Flexible squeak - a call for extension mechanisms

Lex Spoon lex at cc.gatech.edu
Tue Jul 15 14:13:30 UTC 2003



> remember that just because something is extendible doesn't mean that it
> *will* be changed all the time. EMACS is very extendible, but the
> important keybindings are so fixed other systems can have an "emacs key
> bindings" extension without embarrassing themselves...


These all sound like good strategies.  It makes sense to put
menu-extension registries in hand-chosen places within the menus, and it
makes sense to have key-binding policies so that users and applications
don't step on each other.  (Though IME this is also a way to blame the
user, because users will want to customize the same prime keystrokes
that apps will!)

I still don't get the keystrokes case in particular.  Clearly there is a
desire, from all the smart people who want it, but maybe we can do
better by simply improving the standard keymap?

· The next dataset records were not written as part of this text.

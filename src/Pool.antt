-- ===== src/Pool.antt =====
-- The two connection pools.
pub mod Async
pub mod Sync
mod Examples
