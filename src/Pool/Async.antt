-- ===== src/Pool/Async.antt =====
-- ormpp/async_connection_pool.hpp. A coroutine runs from one `co_await` to the next in one step: its
-- tasks below are the places where it is suspended, and what it hands out. Time is an argument of a
-- step. A connection is a number, counted up at each `make_unique<DB>`. Log lines are left out.
pub mod Defs
pub mod Steps
pub mod Counts
pub mod Ownership
pub mod Init
pub mod Waiting
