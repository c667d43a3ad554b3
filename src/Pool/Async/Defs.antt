-- ===== src/Pool/Async/Defs.antt =====
-- ormpp/async_connection_pool.hpp: the pool's fields, and where a coroutine of it can be.
use ormpp.Base.{
  ℕ, ◌+◌, ◌-◌, ◌*◌, Bool, true, false, not, ◌||◌, ◌&&◌, List, [], ◌∷◌, ◌++◌, ◌==◌, ltb, leb,
  if◌then◌else◌, length, min,
}
use Prim.Native.Nat.{◌^◌}

pub record PoolOptions : Type 0 where
  pub enable_dynamic_expansion : Bool
  pub max_dynamic_connections : ℕ

pub record Pool : Type 0 where
  pub options : PoolOptions
  pub initialized : Bool
  pub closing : Bool
  pub pool_size : ℕ
  pub in_use_count : ℕ
  pub dynamic_connection_count : ℕ
  pub available_connections : List ℕ
  pub next_connection : ℕ

-- Numbers named `d` are deadlines, `w` wait counts, `i` loop counters, `c` connections.
pub data Task : Type 0 where
  get_posted get_timer : (d w : ℕ) → Task
  get_pinging get_connecting get_dead get_checked get_discarding : (d w c : ℕ) → Task
  dyn_posted : (d w : ℕ) → Task
  dyn_connecting dyn_failed dyn_connected dyn_disconnecting : (d w c : ℕ) → Task
  refused : Task
  lent returning : (c : ℕ) (dynamic : Bool) → Task
  init_connecting : (i c : ℕ) → Task
  init_sweeping : (i : ℕ) → Task
  init_done : Bool → Task
  close_posted : (wait_for_return : Bool) (max_wait : ℕ) → Task
  close_waiting close_timer : (d : ℕ) → Task
  close_ending : Task
  close_sweeping : (i : ℕ) → Task
  close_done : Task

-- What the world answers when a task goes on: whether the awaited call succeeded, and the time.
pub record Answer : Type 0 where
  pub succeeds : Bool
  pub now : ℕ

-- `if (x > 0) { --x; }`
abbrev pub guarded_dec : ℕ → ℕ
guarded_dec x = if ltb 0 x then x - 1 else x

-- `x--` on a `size_t`
abbrev pub wrapping_dec : ℕ → ℕ
wrapping_dec x = if x == 0 then 2 ^ 64 - 1 else x - 1

abbrev pub is_shut : Pool → Bool
is_shut p = not p.initialized || p.closing

-- The back-off of `get` in milliseconds; the source's `1 << n` is `2 ^ n`.
unfoldable pub wait_time : ℕ → ℕ
wait_time wait_count = min (50 * 2 ^ min (wait_count - 1) 3) 500

-- `while (now() < deadline)` of `get`
abbrev pub get_test : ℕ → ℕ → ℕ → Task
get_test now d w = if ltb now d then get_posted d w else refused

-- From the back-off on: `remaining <= 0` leaves the loop.
abbrev pub get_wait : ℕ → ℕ → ℕ → Task
get_wait now d w = if leb d now then refused else get_timer d w

abbrev pub stay : Pool → Task → Pool × List Task
stay p t = (p, t ∷ [])

-- `get` behind its first post
unfoldable pub get_take : Pool → List ℕ → ℕ → ℕ → ℕ → Pool × List Task
get_take p [] now d w =
    if p.options.enable_dynamic_expansion
      && ltb p.dynamic_connection_count p.options.max_dynamic_connections
    then stay p (dyn_posted d (w + 1))
    else stay p (get_wait now d (w + 1))
get_take p (c ∷ rest) now d w =
    stay (record p { available_connections = rest; in_use_count = p.in_use_count + 1 })
      (get_pinging d w c)

abbrev pub get_release : Pool → Pool
get_release p = record p { in_use_count = guarded_dec p.in_use_count }

abbrev pub dyn_release : Pool → Pool
dyn_release p = record p {
  dynamic_connection_count = guarded_dec p.dynamic_connection_count;
  in_use_count = guarded_dec p.in_use_count;
}

-- `create_dynamic_connection` behind its first post
unfoldable pub create_dynamic_connection : Pool → ℕ → ℕ → ℕ → Pool × List Task
create_dynamic_connection p now d w =
    if is_shut p || leb p.options.max_dynamic_connections p.dynamic_connection_count
    then stay p (get_wait now d w)
    else stay
        (record p {
          dynamic_connection_count = p.dynamic_connection_count + 1;
          in_use_count = p.in_use_count + 1;
          next_connection = p.next_connection + 1;
        })
        (dyn_connecting d w p.next_connection)

-- `return_connection`
unfoldable pub return_connection : Pool → ℕ → Bool → Pool
return_connection p c true = dyn_release p
return_connection p c false =
    let q = get_release p in
    if is_shut p then q else record q { available_connections = q.available_connections ++ c ∷ [] }

-- The test of the loop of `init`, at loop counter `i`.
unfoldable pub init_test : Pool → ℕ → Pool × List Task
init_test p i =
    if ltb i p.pool_size
    then stay (record p { next_connection = p.next_connection + 1 })
        (init_connecting i p.next_connection)
    else stay (record p { initialized = true }) (init_done true)

-- `init` up to its first suspension
unfoldable pub init : Pool → ℕ → Pool × List Task
unfolding init_test
init p pool_size =
    if p.initialized
    then stay p (init_done true)
    else if p.closing
    then stay p (init_done false)
    else init_test (record p { pool_size = pool_size }) 0

-- `disconnect_available_connections`, at loop counter `i`, and the end of `init` that failed
unfoldable pub init_sweep : Pool → ℕ → Pool × List Task
init_sweep p i =
    if ltb i (length p.available_connections)
    then stay p (init_sweeping i)
    else stay (record p { available_connections = [] }) (init_done false)

-- The loop over the available connections at the end of `close_all`, and what follows it.
unfoldable pub close_sweep : Pool → ℕ → Pool × List Task
close_sweep p i =
    if ltb i (length p.available_connections)
    then stay p (close_sweeping i)
    else stay (record p { available_connections = []; initialized = false; closing = false })
        close_done

-- `while (now() < deadline)` of `close_all`
abbrev pub close_test : ℕ → ℕ → Task
close_test now d = if ltb now d then close_waiting d else close_ending

-- `close_all` behind its first post
unfoldable pub close_start : Pool → Bool → ℕ → ℕ → Pool × List Task
close_start p wait_for_return max_wait now =
    if is_shut p
    then stay p close_done
    else stay (record p { closing = true })
        (if wait_for_return && ltb 0 p.in_use_count
          then close_test now (now + max_wait)
          else close_ending)

-- A task that is suspended goes on to its next suspension, or ends.
unfoldable pub resume : Answer → Pool → Task → Pool × List Task
unfolding get_take create_dynamic_connection return_connection init_test init_sweep close_sweep
    close_start
resume a p (get_posted d w) =
    if is_shut p then stay p refused else get_take p p.available_connections a.now d w
resume a p (get_timer d w) = stay p (get_test a.now d w)
resume a p (get_pinging d w c) =
    stay p (if a.succeeds then get_checked d w c else get_connecting d w c)
resume a p (get_connecting d w c) =
    stay p (if a.succeeds then get_checked d w c else get_dead d w c)
resume a p (get_dead d w c) = stay (get_release p) (get_discarding d w c)
resume a p (get_checked d w c) =
    if is_shut p then stay (get_release p) (get_discarding d w c) else stay p (lent c false)
resume a p (get_discarding d w c) = stay p (get_test a.now d w)
resume a p (dyn_posted d w) = create_dynamic_connection p a.now d w
resume a p (dyn_connecting d w c) =
    stay p (if a.succeeds then dyn_connected d w c else dyn_failed d w c)
resume a p (dyn_failed d w c) =
    stay
      (record p {
        dynamic_connection_count = wrapping_dec p.dynamic_connection_count;
        in_use_count = wrapping_dec p.in_use_count;
      })
      (get_wait a.now d w)
resume a p (dyn_connected d w c) =
    if is_shut p then stay (dyn_release p) (dyn_disconnecting d w c) else stay p (lent c true)
resume a p (dyn_disconnecting d w c) = stay p (get_wait a.now d w)
resume a p refused = stay p refused
resume a p (lent c dynamic) = stay p (returning c dynamic)
resume a p (returning c dynamic) = (return_connection p c dynamic, [])
resume a p (init_connecting i c) =
    if a.succeeds
    then init_test (record p { available_connections = p.available_connections ++ c ∷ [] }) (i + 1)
    else init_sweep p 0
resume a p (init_sweeping i) = init_sweep p (i + 1)
resume a p (init_done r) = stay p (init_done r)
resume a p (close_posted wait_for_return max_wait) = close_start p wait_for_return max_wait a.now
resume a p (close_waiting d) = stay p (
    if p.in_use_count == 0
    then close_ending
    else if leb d a.now
    then close_ending
    else close_timer d)
resume a p (close_timer d) = stay p (close_test a.now d)
resume a p close_ending = close_sweep p 0
resume a p (close_sweeping i) = close_sweep p (i + 1)
resume a p close_done = stay p close_done
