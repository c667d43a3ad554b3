-- ===== src/Pool/Async/Steps.antt =====
-- Histories of the pool: calls by clients, and suspended tasks that go on in any order.
use ormpp.Base.{ℕ, zero, suc, ◌+◌, Bool, false, List, [], ◌∷◌, ◌++◌}
use ormpp.Pool.Async.Defs.{PoolOptions, Pool, Task, close_posted, Answer, get_test, init, resume}

abbrev pub System : Type 0
System = Pool × List Task

abbrev pub add_task : Task → System → System
add_task t (p, ts) = (p, t ∷ ts)

-- The n-th task goes on.
unfoldable pub resume_at : ℕ → Answer → Pool → List Task → System
resume_at n a p [] = (p, [])
resume_at zero a p (t ∷ ts) = let (q, out) = resume a p t in (q, out ++ ts)
resume_at (suc n) a p (t ∷ ts) = add_task t (resume_at n a p ts)

pub data Event : Type 0 where
  init_called : (pool_size : ℕ) → Event
  get_called : (now timeout : ℕ) → Event
  close_called : (wait_for_return : Bool) (max_wait : ℕ) → Event
  resumed : (n : ℕ) → Answer → Event

-- The constructor of the pool
unfoldable pub fresh : PoolOptions → System
fresh options = (
  record {
    options = options;
    initialized = false;
    closing = false;
    pool_size = 0;
    in_use_count = 0;
    dynamic_connection_count = 0;
    available_connections = [];
    next_connection = 0;
  },
  [],
)

unfoldable pub step : Event → System → System
step (init_called pool_size) (p, ts) = let (q, out) = init p pool_size in (q, out ++ ts)
step (get_called now timeout) (p, ts) = (p, get_test now (now + timeout) 0 ∷ ts)
step (close_called wait_for_return max_wait) (p, ts) =
    (p, close_posted wait_for_return max_wait ∷ ts)
step (resumed n a) (p, ts) = resume_at n a p ts

unfoldable pub run : List Event → System → System
run [] s = s
run (e ∷ es) s = run es (step e s)
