-- ===== src/Pool/Async/Counts.antt =====
-- The counters of the pool against what the suspended tasks and the clients hold.
use ormpp.Base.{ℕ, zero, suc, ◌+◌, ◌≤◌, true, List, [], ◌∷◌, ◌++◌, ◌≡◌, refl, arith}
use ormpp.Pool.Async.Defs.{
  PoolOptions, Pool, Task, get_posted, get_pinging, get_connecting, get_dead, get_checked,
  dyn_connecting, dyn_failed, dyn_connected, lent, returning, Answer, get_take, init, resume,
}
use ormpp.Pool.Async.Steps.{
  System, resume_at, Event, init_called, get_called, close_called, resumed, fresh, step, run,
}

-- A task holds a connection that it took or opened for `get`, up to its return or its loss.
abbrev pub held : Task → ℕ
held (get_pinging d w c) = 1
held (get_connecting d w c) = 1
held (get_dead d w c) = 1
held (get_checked d w c) = 1
held (dyn_connecting d w c) = 1
held (dyn_failed d w c) = 1
held (dyn_connected d w c) = 1
held (lent c dynamic) = 1
held (returning c dynamic) = 1
held _ = 0

-- The same of a connection beyond the pool's size.
abbrev pub held_dynamic : Task → ℕ
held_dynamic (dyn_connecting d w c) = 1
held_dynamic (dyn_failed d w c) = 1
held_dynamic (dyn_connected d w c) = 1
held_dynamic (lent c true) = 1
held_dynamic (returning c true) = 1
held_dynamic _ = 0

abbrev pub total : (Task → ℕ) → List Task → ℕ
total f [] = 0
total f (t ∷ ts) = f t + total f ts

pub total-append : (f : Task → ℕ) (ts us : List Task) → total f (ts ++ us) ≡ total f ts + total f us
total-append f [] us = omega arith
total-append f (t ∷ ts) us = omega (arith, total-append f ts us)

-- The counters read `x` and `y`, the second within its limit.
pub record Reads (o : PoolOptions) (p : Pool) (x y : ℕ) : Type 0 where
  pub options_kept : p.options ≡ o
  pub in_use_is : p.in_use_count ≡ x
  pub dynamic_is : p.dynamic_connection_count ≡ y
  pub bounded : y ≤ o.max_dynamic_connections

-- The counters are what the tasks hold, those of the list and `x`, `y` elsewhere.
abbrev Fits : PoolOptions → Pool → List Task → ℕ → ℕ → Type 0
Fits o p ts x y = Reads o p (total held ts + x) (total held_dynamic ts + y)

get_take-Fits :
    (o : PoolOptions) (p : Pool) (now d w x y : ℕ) (l : List ℕ)
    → Reads o p x y
    → Fits o (get_take p l now d w).0 (get_take p l now d w).1 x y
unfolding get_take
get_take-Fits o p now d w x y [] h = ground arith
get_take-Fits o p now d w x y (c ∷ rest) h = ground arith

resume-Fits :
    (o : PoolOptions) (a : Answer) (p : Pool) (t : Task) (x y : ℕ)
    → Reads o p (held t + x) (held_dynamic t + y)
    → Fits o (resume a p t).0 (resume a p t).1 x y
unfolding resume
resume-Fits o a p (get_posted d w) x y h =
    ground (arith, get_take-Fits o p a.now d w x y p.available_connections)
resume-Fits o a p _ x y h = ground arith

init-Fits :
    (o : PoolOptions) (p : Pool) (n x y : ℕ) → Reads o p x y → Fits o (init p n).0 (init p n).1 x y
unfolding init
init-Fits o p n x y h = ground arith

Reads-cast :
    (o : PoolOptions) (p : Pool) (x y x' y' : ℕ) → Reads o p x y → x ≡ x' → y ≡ y' → Reads o p x' y'
Reads-cast o p x y x' y' h e f = ground arith

-- In a list with more tasks behind it.
Fits-append :
    (o : PoolOptions) (p : Pool) (out ts : List Task) (x y : ℕ)
    → Fits o p out (total held ts + x) (total held_dynamic ts + y)
    → Fits o p (out ++ ts) x y
Fits-append o p out ts x y h =
    Reads-cast o p _ _ _ _ h (omega (arith, total-append held out ts))
      (omega (arith, total-append held_dynamic out ts))

resume_at-Fits :
    (o : PoolOptions) (n : ℕ) (a : Answer) (p : Pool) (ts : List Task) (x y : ℕ)
    → Fits o p ts x y
    → Fits o (resume_at n a p ts).0 (resume_at n a p ts).1 x y
unfolding resume_at
resume_at-Fits o n a p [] x y h = h
resume_at-Fits o zero a p (t ∷ ts) x y h = Fits-append o (resume a p t).0 (resume a p t).1 ts x y (
    resume-Fits o a p t (total held ts + x) (total held_dynamic ts + y)
      (Reads-cast o p _ _ _ _ h (omega arith) (omega arith)))
resume_at-Fits o (suc n) a p (t ∷ ts) x y h =
    let ih =
      resume_at-Fits o n a p ts (held t + x) (held_dynamic t + y)
        (Reads-cast o p _ _ _ _ h (omega arith) (omega arith)) in
    Reads-cast o (resume_at n a p ts).0 _ _ _ _ ih (omega arith) (omega arith)

step-Fits :
    (o : PoolOptions) (e : Event) (s : System)
    → Fits o s.0 s.1 0 0
    → Fits o (step e s).0 (step e s).1 0 0
unfolding step
step-Fits o (init_called n) (p, ts) h =
    Fits-append o (init p n).0 (init p n).1 ts 0 0 (init-Fits o p n _ _ h)
step-Fits o (get_called now timeout) (p, ts) h = ground arith
step-Fits o (close_called b m) (p, ts) h = ground arith
step-Fits o (resumed n a) (p, ts) h = resume_at-Fits o n a p ts 0 0 h

run-Fits :
    (o : PoolOptions) (es : List Event) (s : System)
    → Fits o s.0 s.1 0 0
    → Fits o (run es s).0 (run es s).1 0 0
unfolding run
run-Fits o [] s h = h
run-Fits o (e ∷ es) s h = run-Fits o es (step e s) (step-Fits o e s h)

-- After any calls and any interleaving of the suspended tasks, with any answers of the database and
-- the clock: the count in use is that of the connections that tasks and clients hold, the dynamic
-- count is that of the dynamic ones among them, and it is within the limit of the options.
pub run-counts :
    (o : PoolOptions) (es : List Event)
    → let (p, ts) = run es (fresh o) in
      (p.in_use_count ≡ total held ts)
      × (p.dynamic_connection_count ≡ total held_dynamic ts)
      × (p.dynamic_connection_count ≤ o.max_dynamic_connections)
run-counts o es =
    let r = run-Fits o es (fresh o) (
      unfold fresh in
      record { options_kept = refl; in_use_is = refl; dynamic_is = refl; bounded = omega arith }) in
    (
      omega (arith, r.in_use_is),
      omega (arith, r.dynamic_is),
      omega (arith, r.dynamic_is, r.bounded),
    )
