-- ===== src/Query/Placeholder/Kept.antt =====
-- What the placeholder loop leaves as it is, and what it leaves nothing of.
use ormpp.Base.{
  ℕ, ◌+◌, false, [], ◌∷◌, ◌++◌, none, some, ◌==◌, Bytes, All, IsDigit, starts, to_string,
  to_string-IsDigit, starts, append_assoc, ◌≡◌, refl, ap, ◌∙◌, ◌≢◌, arith, Bool-cases, inl, inr,
}
use ormpp.Utility.Escape.{escape_sql_string, to_str, text}
use ormpp.Query.Placeholder.{
  Place, plain, quoted, quoted_second, block, single, double, step, is_hit, scan,
  find_next_postgresql_placeholder, replace_postgresql_placeholders,
}
use ormpp.Query.Placeholder.OnePass.{number, hits, step_hit, replace_postgresql_placeholders-number}

close_quote : (rest : Bytes) → starts b'\'' rest ≡ false → step (quoted single) b'\'' rest ≡ plain
unfolding step
close_quote rest h = rw h

in_quote :
    (c : ℕ) (rest : Bytes) → (c == b'\'') ≡ false → step (quoted single) c rest ≡ quoted single
unfolding step
in_quote c rest h = rw h

doubled_quote : (rest : Bytes) → step (quoted single) b'\'' (b'\'' ∷ rest) ≡ quoted_second single
unfolding step
doubled_quote rest = refl

second_quote : (rest : Bytes) → step (quoted_second single) b'\'' rest ≡ quoted single
unfolding step
second_quote rest = refl

open_quote : (rest : Bytes) → step plain b'\'' rest ≡ quoted single
unfolding step
open_quote rest = refl

number_literal :
    (s rest : Bytes) (k : ℕ)
    → starts b'\'' rest ≡ false
    → number (quoted single) (escape_sql_string s ++ b'\'' ∷ rest) k
      ≡ escape_sql_string s ++ b'\'' ∷ number plain rest k
unfolding escape_sql_string number
number_literal [] rest k h = rw (close_quote rest h)
number_literal (c ∷ s) rest k h =
    let ih = number_literal s rest k h in
    elim (Bool-cases (c == b'\'')) [
      | inl e ↦ rw e (
          rw (doubled_quote (escape_sql_string s ++ b'\'' ∷ rest)) (
            rw (second_quote (escape_sql_string s ++ b'\'' ∷ rest))
              (ap (λ (t : Bytes). b'\'' ∷ b'\'' ∷ t) ih)))
      | inr e ↦ rw e (rw (in_quote c _ e) (ap (◌∷◌ c) ih))
    ]

-- An escaped text value in quotes goes to the server as it is, with whatever question marks it
-- holds, if no quote follows it; the placeholders behind it are numbered from 1.
replace_postgresql_placeholders-to_str :
    (s rest : Bytes)
    → starts b'\'' rest ≡ false
    → replace_postgresql_placeholders (to_str (text s) ++ rest)
      ≡ some (to_str (text s) ++ number plain rest 1)
unfolding to_str
replace_postgresql_placeholders-to_str s rest h =
    replace_postgresql_placeholders-number _ ∙ ap some number_to_str
  where
    number_to_str :
        number plain (to_str (text s) ++ rest) 1 ≡ to_str (text s) ++ number plain rest 1
    number_to_str =
        rw (append_assoc (escape_sql_string s), append_assoc (escape_sql_string s))
          (unfold number in
            rw (open_quote (escape_sql_string s ++ b'\'' ∷ rest))
              (ap (◌∷◌ b'\'') (number_literal s rest 1 h)))

-- A step looks at the text behind it only for these bytes.
abbrev Opener : ℕ → Type 0
Opener x = (x ≢ b'?') × (x ≢ b'$')

starts-number :
    (x : ℕ) (p : Place) (s : Bytes) (k : ℕ) → Opener x → starts x (number p s k) ≡ starts x s
unfolding number
starts-number x p [] k o = refl
starts-number x plain (c ∷ s) k o = ground arith
starts-number x _ (c ∷ s) k o = refl

step_alike :
    (p : Place) (c : ℕ) (s t : Bytes)
    → ((x : ℕ) → Opener x → starts x s ≡ starts x t)
    → step p c s ≡ step p c t
unfolding step
step_alike plain c s t h = ground (arith, h b'-' (omega arith), h b'*' (omega arith))
step_alike (quoted single) c s t h = ground (arith, h b'\'' (omega arith))
step_alike (quoted double) c s t h = ground (arith, h b'"' (omega arith))
step_alike block c s t h = ground (arith, h b'/' (omega arith))
step_alike _ c s t h = refl

hits_byte :
    (p : Place) (c : ℕ) (s : Bytes) (k : ℕ)
    → is_hit p c ≡ false
    → hits (step p c s) (number (step p c s) s k) ≡ 0
    → hits p (c ∷ number (step p c s) s k) ≡ 0
unfolding hits
hits_byte p c s k e ih =
    rw (e, step_alike p c (number (step p c s) s k) s (λ x o. starts-number x (step p c s) s k o))
      (omega (arith, ih))

hits_dollar : (s : Bytes) → hits plain (b'$' ∷ s) ≡ hits plain s
unfolding hits step
hits_dollar s = omega arith

hits_digits : (ds rest : Bytes) → All IsDigit ds → hits plain (ds ++ rest) ≡ hits plain rest
unfolding hits step
hits_digits [] rest h = refl
hits_digits (d ∷ ds) rest h = ground (arith, hits_digits ds rest h.1)

hits-number : (p : Place) (s : Bytes) (k : ℕ) → hits p (number p s k) ≡ 0
unfolding number
hits-number p [] k = unfold hits in refl
hits-number plain (c ∷ s) k = elim (Bool-cases (is_hit plain c)) [
  | inl e ↦ rw e (
      hits_dollar (to_string k ++ number (step plain c s) s (k + 1))
      ∙ hits_digits (to_string k) _ (to_string-IsDigit k)
      ∙ rw (step_hit plain c s e) (hits-number plain s (k + 1)))
  | inr e ↦ rw e (hits_byte plain c s k e (hits-number (step plain c s) s k))
]
hits-number p (c ∷ s) k = hits_byte p c s k refl (hits-number (step p c s) s k)

scan_no_hits : (p : Place) (s : Bytes) (i : ℕ) → hits p s ≡ 0 → scan p s i ≡ none
unfolding scan hits
scan_no_hits p [] i h = refl
scan_no_hits p (c ∷ s) i h = ground (arith, scan_no_hits (step p c s) s (i + 1))

-- No placeholder is left in what the loop returns: a second search of it finds none.
replace_postgresql_placeholders-find_next :
    (sql : Bytes) {out : Bytes}
    → replace_postgresql_placeholders sql ≡ some out
    → find_next_postgresql_placeholder out 0 ≡ none
unfolding find_next_postgresql_placeholder
replace_postgresql_placeholders-find_next sql {out} h =
    let same : number plain sql 1 ≡ out = cc (h, replace_postgresql_placeholders-number sql) in
    rw (← same) (scan_no_hits plain (number plain sql 1) 0 (hits-number plain sql 1))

Honestly, is Johhny Kidd going to download Squeak and start messing with
the key layout?  What about Fred McEducator?  Maybe university students
will want to do it on occasion, if they are bored.  For CS researchers,
maybe as many as 1/10 will want to do it, and that's the top percentage
in a small group.  Can you imagine if the Macintosh had shipped and the
welcome screen invited users to arrange their key combinations?


Oh well.  I guess I'm now waiting for someone to propose that the menus
be customizable.  Can't decide whether an item should go in "help" or
"debug" ?  Aww, who cares, ship it randomly and let the user fix it up. 
Call it the ultimate in personalization.  It's a feature.